I thought the same thing about the tornadoes in Alabama! I live in Alabama and the tornadoes barely missed my neighborhood... there's so much damage.


----------



## Keban (Apr 28, 2011)

I think part of the reason that YouTube cubers aren't posting anymore is that if they post one video that isn't related to cubing, they get flooded with comments saying "THIS IS A CUBING CHANNEL I DON'T LIKE ANY OTHER HOBBIES RAGE". You get bored of making the same kind of videos all the time.


----------



## ~Phoenix Death~ (Apr 28, 2011)

Keban said:


> I think part of the reason that YouTube cubers aren't posting anymore is that if they post one video that isn't related to cubing, they get flooded with comments saying "THIS IS A CUBING CHANNEL I DON'T LIKE ANY OTHER HOBBIES RAGE". You get bored of making the same kind of videos all the time.


 
You have no freaking idea how much I can relate to that. Getting the comment, not making it! Even Nigahiga can relate. See this video if you don't remember.

Do people really think the Youtube-cubers are so obliged to make videos...?


----------



## uberCuber (Apr 28, 2011)

Gaétan Guimond said:


> By short there is the address that gives a video popular because thousands of link have been added for many visitors. Of subscriptions, a link to your site or to facebobook doesn't have many visitors. Example... if you could erase a stupid video and replace the following address you would have many visitors ..................................................
> http://www.youtube.com/watch?v=Yai61bX5LgI


 
I thought I was getting better at understanding Gaétan, and then I saw this post :confused:


----------



## ianography (Apr 28, 2011)

well my friend cyoubx has recently made it into the YouTube Partnership Program. I don't know too much about it, but still, check him out.


----------



## waffle=ijm (Apr 28, 2011)

so did I....lol


----------



## Tall5001 (Apr 28, 2011)

TK 421 said:


> anybody know if thrawst is still alive?


 
Haha i have talked to him on Facebook and on skype a couple of times latley! plus we will have another meet up when he comes back to new mexico for the summer.


----------



## Gaétan Guimond (May 3, 2011)

*same video ?*



Keban said:


> I think part of the reason that YouTube cubers aren't posting anymore is that if they post one video that isn't related to cubing, they get flooded with comments saying "THIS IS A CUBING CHANNEL I DON'T LIKE ANY OTHER HOBBIES RAGE". You get bored of making the same kind of videos all the time.



Not me Because my story is different Beyond the speed it's my name. The return of the cube is my story but hide my name.

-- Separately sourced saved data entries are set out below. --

-- ===== src/Umem.antt =====
-- include/chronosx/data_plane.hpp: the functions on descriptors, delays and the bytes of UMEM, which
-- the batch loop calls. UMEM is a list of bytes; a frame pointer is an offset into it, or none.
pub mod Bytes
pub mod Macs
mod Tests
use chronos_x.Base.{
  ℕ, zero, suc, ◌+◌, ◌-◌, ◌/◌, ◌%◌, Bool, true, false, not, ◌||◌, List, Option, none, some, bit_xor,
  add64, sub64, u64_mod, ltb, leb, ◌==◌, if◌then◌else◌, get_or, set,
}
use chronos_x.PacketParser.{PacketView, packet_ok, ethernet_header_bytes}

pub record PacketDescriptor : Type 0 where
  pub frame_address : ℕ
  pub frame_length : ℕ
  pub options : ℕ

unfoldable pub delay_ns_to_ticks : ℕ → ℕ → ℕ
delay_ns_to_ticks delay_ns tick_ns =
    if delay_ns == 0
    then 1
    else if tick_ns == 0
    then delay_ns
    else sub64 (add64 delay_ns tick_ns) 1 / tick_ns

-- The loop's body: the bytes at `index` and `index + 6` of the frame at `start` change places.
abbrev pub swap_bytes : ℕ → ℕ → List ℕ → List ℕ
swap_bytes start index umem =
    set (set umem (start + index) (get_or umem (start + (index + 6)) 0)) (start + (index + 6))
      (get_or umem (start + index) 0)

-- `n` rounds from `index` on.
unfoldable pub swap_loop : ℕ → ℕ → ℕ → List ℕ → List ℕ
swap_loop zero index start umem = umem
swap_loop (suc n) index start umem = swap_loop n (suc index) start (swap_bytes start index umem)

unfoldable pub swap_ethernet_macs : ℕ → ℕ → List ℕ → Bool × List ℕ
unfolding swap_loop
swap_ethernet_macs start size umem =
    if ltb size ethernet_header_bytes then (false, umem) else (true, swap_loop 6 0 start umem)

unfoldable pub corrupt_packet_payload : Option ℕ → PacketView → ℕ → List ℕ → Bool × List ℕ
corrupt_packet_payload none packet selector umem = (false, umem)
corrupt_packet_payload (some frame) packet selector umem =
    if not (packet_ok packet)
      || packet.payload_length == 0
      || leb packet.frame_length packet.payload_offset
    then (false, umem)
    else let byte_offset = packet.payload_offset + selector % packet.payload_length in
      if leb packet.frame_length byte_offset then (false, umem) else (
        true,
        set umem (frame + byte_offset) (bit_xor (get_or umem (frame + byte_offset) 0) 0x01),
      )

unfoldable pub descriptor_within_umem : PacketDescriptor → ℕ → Bool
descriptor_within_umem descriptor umem_size_bytes =
    if ltb (u64_mod - 1) descriptor.frame_address
    then false
    else let address = descriptor.frame_address in
      if ltb umem_size_bytes address
      then false
      else leb descriptor.frame_length (umem_size_bytes - address)

-- `if (frame != nullptr) (void)swap_ethernet_macs(…)`
unfoldable pub reflect : Option ℕ → ℕ → List ℕ → List ℕ
unfolding swap_ethernet_macs
reflect none size umem = umem
reflect (some start) size umem = (swap_ethernet_macs start size umem).1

L'influence de masse est la moitié de notre intelligence.


----------



## GearGuy57 (May 3, 2011)

I have a YouTube channel (under the same username) and i just posted a cubing collection video. my brother might have as well.


----------



## Godmil (May 3, 2011)

GearGuy57 said:


> i just posted a cubing collection video.



Eh, no you didn't. You posted a video of a broken 360 with the description "a vid. of all my cubes." Just saying there are cubes in a video doesn't make it a video with cubes. :confused:


----------



## ElectricDoodie (May 3, 2011)

GearGuy57 said:


> i just posted a cubing collection video.


 
So your cube collection consists of 1 single broken 360?
Ok.


----------



## BC1997 (May 3, 2011)

That is not necessarily true, i mean thrawst still releases videos.


----------



## uberCuber (May 3, 2011)

ElectricDoodie said:


> So your cube collection consists of 1 single broken 360?
> Ok.


 
I am jealous of this massive collection.


----------



## cuberkid10 (May 3, 2011)

Do a "Which PLL's do I use" Video


----------



## cyoubx (May 3, 2011)

Phew. Just read through all of the posts to make sure I won't repost anything.

Here are my two pennies:

Cubing is an extremely limited hobby. Yes, there are new cubes, new methods, and new records every once in awhile, but it's a limited hobby nonetheless. How often do new cubes come out? Frankly, quite. However, reviews are given almost instantly, and the topic isn't something that can be remade every week. Once a review is made, it's made. Also, buying every cube out there is insanely expensive. I for one, do not have that money to spend.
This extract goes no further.